C# in Depth has a free chapter (6) all about iterator blocks.
I also blogged very recently about using yield for smart brute-force algorithms.
For an example of the lazy file reader:
static IEnumerable<string> ReadLines(string path) {
using (StreamReader reader = File.OpenText(path)) {
string line;
while ((line = reader.ReadLine()) != null) {
yield return line;
}
}
}
This is entirely "lazy"; nothing is read until you start enumerating, and only a single line is ever held in memory.
Note that LINQ-to-Objects makes extensive use of iterator blocks (yield). For example, the Where extension is essentially:
static IEnumerable<T> Where<T>(this IEnumerable<T> data, Func<T, bool> predicate) {
foreach (T item in data) {
if (predicate(item)) yield return item;
}
}
And again, fully lazy - allowing you to chain together multiple operations without forcing everything to be loaded into memory.

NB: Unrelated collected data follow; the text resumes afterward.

-- ===== src/Channel/Store.antt =====
-- Operations on all channels of the store.
use mathlib.Core.Path.{subst}
use mathlib.Core.List.{append_assoc}
use mathlib.Core.Option.{some-injective}
use twinval_go_backend.Prelude.{
  ℕ, zero, suc, ◌+◌, ◌≤◌, ◌≡◌, refl, ap, ◌∙◌, Bool, true, false, Option, none, some, List, [], ◌∷◌,
  ◌++◌, map, arith, length, length-append, if◌then◌else◌, ltb, ◌>>=◌, All,
}
use twinval_go_backend.Channel.{Channel, try_send, close, pop, at, for_each}

abbrev pub range : ℕ → ℕ → List ℕ
range k zero = []
range k (suc n) = k ∷ range (suc k) n

range-snoc : (k n : ℕ) → range k n ++ ((k + n) ∷ []) ≡ range k (suc n)
range-snoc k zero = ap (λ i. i ∷ []) (omega arith)
range-snoc k (suc n) =
    ap (λ is. k ∷ is) (ap (λ i. range (suc k) n ++ (i ∷ [])) (omega arith) ∙ range-snoc (suc k) n)

pub bind_inv :
    {B C : Type 0} (o : Option B) (k : B → Option C) (c : C)
    → (o >>= k) ≡ some c
    → (b : B) × (o ≡ some b) × (k b ≡ some c)
bind_inv none k c e = cc
bind_inv (some b) k c e = (b, refl, e)

pub range-next : (n : ℕ) → range 0 n ++ (n ∷ []) ≡ range 0 (n + 1)
range-next n =
    let z : n ≡ 0 + n = omega arith in
    let e : suc n ≡ n + 1 = omega arith in
    ap (λ i. range 0 n ++ (i ∷ [])) z ∙ range-snoc 0 n ∙ ap (range 0) e

module _ {A : Type 0} where
  abbrev pub IsOpen : Channel A → Type 0
  IsOpen ch = ch.is_closed ≡ false

  abbrev pub IsClosed : Channel A → Type 0
  IsClosed ch = ch.is_closed ≡ true

  -- No more elements than the buffer has room for.
  abbrev pub IsBounded : Channel A → Type 0
  IsBounded ch = length ch.buffer ≤ ch.buffer_size

  at-append :
      (f : Channel A → Option (Channel A)) (pre cs : List (Channel A)) (c c' : Channel A)
      → f c ≡ some c'
      → at f (pre ++ (c ∷ cs)) (length pre) ≡ some (pre ++ (c' ∷ cs))
  unfolding at
  at-append f [] cs c c' e = rw e refl
  at-append f (p ∷ ps) cs c c' e = rw (at-append f ps cs c c' e) refl

  -- An operation that no channel of the store refuses, on each of them in turn.
  pub for_each-range :
      (f : Channel A → Option (Channel A)) (g : Channel A → Channel A) (pre cs : List (Channel A))
      → All (λ c. f c ≡ some (g c)) cs
      → for_each f (pre ++ cs) (range (length pre) (length cs)) ≡ some (pre ++ map g cs)
  unfolding for_each
  for_each-range f g pre [] h = refl
  for_each-range f g pre (c ∷ cs) (e, h) = rw (at-append f pre cs c (g c) e) (
      rw (longer, append_assoc pre (g c ∷ []) cs, append_assoc pre (g c ∷ []) (map g cs)) at
        (for_each-range f g (pre ++ (g c ∷ [])) cs h))
    where
      longer : length (pre ++ (g c ∷ [])) ≡ suc (length pre)
      longer = length-append pre (g c ∷ []) ∙ omega arith

  -- What one operation keeps of a channel, it keeps of the store.
  pub at-All :
      (P : Channel A → Type 0) (f : Channel A → Option (Channel A)) (chs chs' : List (Channel A))
      (i : ℕ)
      → at f chs i ≡ some chs'
      → ((c c' : Channel A) → f c ≡ some c' → P c → P c')
      → All P chs
      → All P chs' × (length chs' ≡ length chs)
  unfolding at
  at-All P f [] chs' i e h a = cc
  at-All P f (c ∷ cs) chs' zero e h (p, a) =
      let (c', q, r) = bind_inv (f c) _ chs' e in
      subst (λ xs. All P xs × (length xs ≡ suc (length cs))) (some-injective _ _ r)
        ((h c c' q p, a), refl)
  at-All P f (c ∷ cs) chs' (suc i) e h (p, a) =
      let (cs', q, r) = bind_inv (at f cs i) _ chs' e in
      let (all, n) = at-All P f cs cs' i q h a in
      subst (λ xs. All P xs × (length xs ≡ suc (length cs))) (some-injective _ _ r)
        ((p, all), ap suc n)

  pub All-map :
      (P Q : Channel A → Type 0) (g : Channel A → Channel A) (cs : List (Channel A))
      → ((c : Channel A) → P c → Q (g c))
      → All P cs
      → All Q (map g cs)
  All-map P Q g [] h a = tt
  All-map P Q g (c ∷ cs) h (p, a) = (h c p, All-map P Q g cs h a)

  pub All-weaken :
      (P Q : Channel A → Type 0) (cs : List (Channel A))
      → ((c : Channel A) → P c → Q c)
      → All P cs
      → All Q cs
  All-weaken P Q [] h a = tt
  All-weaken P Q (c ∷ cs) h (p, a) = (h c p, All-weaken P Q cs h a)

  -- The channel after a send that does not block.
  abbrev pub delivered : A → Channel A → Channel A
  delivered x ch =
      if ltb (length ch.buffer) ch.buffer_size
      then record ch { buffer = ch.buffer ++ (x ∷ []) }
      else ch

  abbrev pub shut : Channel A → Channel A
  shut ch = record ch { is_closed = true }

  pub try_send-IsOpen : (x : A) (ch : Channel A) → IsOpen ch → try_send ch x ≡ some (delivered x ch)
  unfolding try_send
  try_send-IsOpen x ch e = rw e refl

  pub close-IsOpen : (ch : Channel A) → IsOpen ch → close ch ≡ some (shut ch)
  unfolding close
  close-IsOpen ch e = rw e refl

  pub delivered-IsBounded : (x : A) (ch : Channel A) → IsBounded ch → IsBounded (delivered x ch)
  delivered-IsBounded x ch h = ground (arith, length-append ch.buffer (x ∷ []))

  pub delivered-IsOpen : (x : A) (ch : Channel A) → IsOpen ch → IsOpen (delivered x ch)
  delivered-IsOpen x ch h = ground arith

  pub pop-IsBounded : (c c' : Channel A) → pop c ≡ some c' → IsBounded c → IsBounded c'
  unfolding pop
  pop-IsBounded c c' e h = ground arith

  pub pop-is_closed :
      (b : Bool) (c c' : Channel A) → pop c ≡ some c' → c.is_closed ≡ b → c'.is_closed ≡ b
  unfolding pop
  pop-is_closed b c c' e h = ground arith
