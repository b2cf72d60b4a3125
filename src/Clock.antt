-- ===== src/Clock.antt =====
-- Package time, as far as the loops use it: durations in nanoseconds, and tickers.
use twinval_go_backend.Prelude.{Option, none, some, if◌then◌else◌}
use twinval_go_backend.Prelude.Int.{ℤ, pos, leb_ℤ, int64, ◌*ℤ◌}

-- time.NewTicker, which panics on a duration that is not positive: `none`.
unfoldable pub new_ticker : ℤ → Option ℤ
new_ticker duration = if leb_ℤ duration (pos 0) then none else some duration

-- `time.Duration(n) * time.Millisecond`, which wraps around.
unfoldable pub milliseconds : ℤ → ℤ
unfolding int64 ◌*ℤ◌
milliseconds n = int64 (n *ℤ pos 1_000_000)
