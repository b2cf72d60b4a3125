-- ===== src/Compute.antt =====
-- internal/compute: the five technical indicators, the Health Factor and the RTPMV.
pub mod Types
pub mod Configs
pub mod Indicators
pub mod Bounds
pub mod Defaults
pub mod Aged
pub mod Valid
pub mod Value
pub mod Incentive
pub mod Tests
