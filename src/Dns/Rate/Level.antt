-- ===== src/Dns/Rate/Level.antt =====
-- The tokens of a subnet in internal/dns/handler.go: what a query costs, and what time gives back.
use mathlib.Core.Path.{subst}
use lamund.Prelude.{
  ℕ, ◌+◌, ◌-◌, ◌*◌, ◌≤◌, ◌≡◌, refl, ◌∙◌, inl, inr, Bool, true, false, ◌&&◌, Option, none, some, [],
  ◌∷◌, arith, ltb, leb, if◌then◌else◌, Bool-cases, Option-cases, Bytes, beq, beq_sound, beq_refl,
  beq_iff, length, lookup, lookup-insert, IsDistinct, insert-IsDistinct,
}
use lamund.Dns.Rate.{
  spend, rrl_allow, token, Bucket, Buckets, rrl_rate, rrl_burst, rrl_max_buckets, idle, evict,
  make_room, refill,
}

-- The units that a subnet could spend at `now`; a subnet with no bucket has a full one.
abbrev level_of : ℕ → Option Bucket → ℕ
level_of now none = rrl_burst
level_of now (some b) = (refill now b).tokens

pub level : ℕ → Bytes → Buckets → ℕ
level now key m = level_of now (lookup key m)

abbrev IsGood : ℕ → Option Bucket → Type 0
IsGood now none = Unit
IsGood now (some b) = (b.tokens ≤ rrl_burst) × (b.last_seen ≤ now)

-- Buckets are never overfull nor from the future, and a subnet has one at most.
pub record IsWell (now : ℕ) (m : Buckets) : Type 0 where
  pub good : (key : Bytes) → IsGood now (lookup key m)
  pub distinct : IsDistinct m

level_of_up :
    (now now' : ℕ) (o : Option Bucket)
    → now ≤ now'
    → level_of now' o ≤ level_of now o + (now' - now) * rrl_rate
unfolding refill
level_of_up now now' none h = omega arith
level_of_up now now' (some b) h = ground arith

level_of-le-burst : (now : ℕ) (o : Option Bucket) → IsGood now o → level_of now o ≤ rrl_burst
unfolding refill
level_of-le-burst now none h = omega arith
level_of-le-burst now (some b) h = ground arith

refill-good :
    (now : ℕ) (b : Bucket)
    → IsGood now (some b)
    → ((refill now b).tokens ≤ rrl_burst) × ((refill now b).last_seen ≡ now)
unfolding refill
refill-good now b h = ground arith

abbrev kept : ℕ → Option Bucket → Option Bucket
kept now none = none
kept now (some b) = if ltb (b.last_seen + idle) now then none else some b

lookup-evict :
    (now : ℕ) (key : Bytes) (m : Buckets)
    → IsDistinct m
    → lookup key (evict now m) ≡ kept now (lookup key m)
unfolding evict lookup
lookup-evict now key [] d = refl
lookup-evict now key ((k, b) ∷ m) d = ground (arith, lookup-evict now key m d.1, beq_iff k key)

level_of-kept :
    (now : ℕ) (o : Option Bucket) → IsGood now o → level_of now (kept now o) ≡ level_of now o
unfolding refill
level_of-kept now none h = refl
level_of-kept now (some b) h = ground arith

evict-IsDistinct : (now : ℕ) (m : Buckets) → IsDistinct m → IsDistinct (evict now m)
unfolding evict
evict-IsDistinct now [] d = tt
evict-IsDistinct now ((k, b) ∷ m) d =
    ground (arith, evict-IsDistinct now m d.1, lookup-evict now k m d.1)

kept-IsGood : (now : ℕ) (o : Option Bucket) → IsGood now o → IsGood now (kept now o)
kept-IsGood now none h = tt
kept-IsGood now (some b) h = ground arith

make_room-IsWell : (now : ℕ) (m : Buckets) → IsWell now m → IsWell now (make_room now m)
unfolding make_room
make_room-IsWell now m w = elim (Bool-cases (leb rrl_max_buckets (length m))) [
  | inl full ↦ rw full (record {
    good =
        λ key. rw (lookup-evict now key m w.distinct) (kept-IsGood now (lookup key m) (w.good key));
    distinct = evict-IsDistinct now m w.distinct;
  })
  | inr free ↦ rw free w
]

level-make_room :
    (now : ℕ) (key : Bytes) (m : Buckets)
    → IsWell now m
    → level now key (make_room now m) ≡ level now key m
unfolding make_room level
level-make_room now key m w = elim (Bool-cases (leb rrl_max_buckets (length m))) [
  | inl full ↦
      rw full
        (rw (lookup-evict now key m w.distinct) (level_of-kept now (lookup key m) (w.good key)))
  | inr free ↦ rw free refl
]

abbrev pub cost : Bool → ℕ
cost true = token
cost false = 0

module _ (now : ℕ) (key : Bytes) (b : Bucket) (m : Buckets) where
  level-spend :
      b.last_seen ≡ now → level now key (spend key b m).1 + cost (spend key b m).0 ≡ b.tokens
  unfolding level spend refill
  level-spend h = ground (
    arith,
    beq_refl key,
    lookup-insert key key b m,
    lookup-insert key key (record b { tokens = b.tokens - token }) m,
  )

  level-spend_ne : (j : Bytes) → beq key j ≡ false → level now j (spend key b m).1 ≡ level now j m
  unfolding level spend
  level-spend_ne j h = ground (
    arith,
    lookup-insert key j b m,
    lookup-insert key j (record b { tokens = b.tokens - token }) m,
  )

  spend-IsWell :
      b.tokens ≤ rrl_burst → b.last_seen ≤ now → IsWell now m → IsWell now (spend key b m).1
  unfolding spend
  spend-IsWell t l w = record {
    good = λ j. ground (
      arith,
      w.good j,
      lookup-insert key j b m,
      lookup-insert key j (record b { tokens = b.tokens - token }) m,
    );
    distinct = ground (
      arith,
      insert-IsDistinct key b m w.distinct,
      insert-IsDistinct key (record b { tokens = b.tokens - token }) m w.distinct,
    );
  }

abbrev new_bucket : ℕ → Bucket
new_bucket now = record { tokens = rrl_burst; last_seen = now }

refill-new_bucket : (now : ℕ) → refill now (new_bucket now) ≡ new_bucket now
unfolding refill
refill-new_bucket now = ground arith

module _ (now : ℕ) (key : Bytes) (m : Buckets) (w : IsWell now m) where
  -- A query of the subnet costs a token if it is let through, and nothing otherwise.
  level-rrl_allow :
      level now key (rrl_allow now key m).1 + cost (rrl_allow now key m).0 ≡ level now key m
  unfolding rrl_allow level
  level-rrl_allow = elim (Option-cases (lookup key m)) [
    | inl absent ↦
        rw absent
          (rw (refill-new_bucket now) (level-spend now key (new_bucket now) (make_room now m) refl))
    | inr (b, found) ↦
        rw found
          (level-spend now key (refill now b) m (refill-good now b (rw found at (w.good key))).1)
  ]

  -- A query of another subnet costs nothing.
  level-rrl_allow_ne :
      (j : Bytes) → beq key j ≡ false → level now j (rrl_allow now key m).1 ≡ level now j m
  unfolding rrl_allow
  level-rrl_allow_ne j h = elim (Option-cases (lookup key m)) [
    | inl absent ↦ rw absent (
        level-spend_ne now key (refill now (new_bucket now)) (make_room now m) j h
        ∙ level-make_room now j m w)
    | inr (b, found) ↦ rw found (level-spend_ne now key (refill now b) m j h)
  ]

  pub rrl_allow-IsWell : IsWell now (rrl_allow now key m).1
  unfolding rrl_allow
  rrl_allow-IsWell = elim (Option-cases (lookup key m)) [
    | inl absent ↦ rw absent (
        rw (refill-new_bucket now) (
          spend-IsWell now key (new_bucket now) (make_room now m) (omega arith) (omega arith)
            (make_room-IsWell now m w)))
    | inr (b, found) ↦
        let (t, l) = refill-good now b (rw found at (w.good key)) in
        rw found (spend-IsWell now key (refill now b) m t (omega arith) w)
  ]

IsGood-up : (now now' : ℕ) (o : Option Bucket) → now ≤ now' → IsGood now o → IsGood now' o
IsGood-up now now' none h g = tt
IsGood-up now now' (some b) h g = omega arith

pub IsWell-up : (now now' : ℕ) (m : Buckets) → now ≤ now' → IsWell now m → IsWell now' m
IsWell-up now now' m h w = record {
  good = λ key. IsGood-up now now' (lookup key m) h (w.good key);
  distinct = w.distinct;
}

pub level_up :
    (now now' : ℕ) (key : Bytes) (m : Buckets)
    → now ≤ now'
    → level now' key m ≤ level now key m + (now' - now) * rrl_rate
unfolding level
level_up now now' key m h = level_of_up now now' (lookup key m) h

pub charge :
    (now : ℕ) (key : Bytes) (m : Buckets) (j : Bytes)
    → IsWell now m
    → level now j (rrl_allow now key m).1 + cost (beq key j && (rrl_allow now key m).0)
      ≡ level now j m
charge now key m j w = elim (Bool-cases (beq key j)) [
  | inl same ↦ rw same (
      subst
        (λ k. level now k (rrl_allow now key m).1 + cost (rrl_allow now key m).0 ≡ level now k m)
        (beq_sound key j same) (level-rrl_allow now key m w))
  | inr other ↦ rw other (omega (arith, level-rrl_allow_ne now key m w j other))
]

pub level-le-burst :
    (now : ℕ) (key : Bytes) (m : Buckets) → IsWell now m → level now key m ≤ rrl_burst
unfolding level
level-le-burst now key m w = level_of-le-burst now (lookup key m) (w.good key)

yield allows you to process collections that are potentially infinite in size because the entire collection is never loaded into memory in one go, unlike a List based approach. For instance an IEnumerable<> of all the prime numbers could be backed off by the appropriate algo for finding the primes, whereas a List approach would always be finite in size and therefore incomplete. In this example, using yield also allows processing for the next element to be deferred until it is required.
A real situation for me, is when i want to process a collection that takes a while to populate more smoothly.
Imagine something along the lines (psuedo code):
public IEnumberable<VerboseUserInfo> GetAllUsers()
{
foreach(UserId in userLookupList)
{
VerboseUserInfo info = new VerboseUserInfo();
info.Load(ActiveDirectory.GetLotsOfUserData(UserId));
info.Load(WebSerice.GetSomeMoreInfo(UserId));
yield return info;
}
}
Instead of having to wait a minute for the collection to populate before i can start processing items in it. I will be able to start immediately, and then report back to the user-interface as it happens.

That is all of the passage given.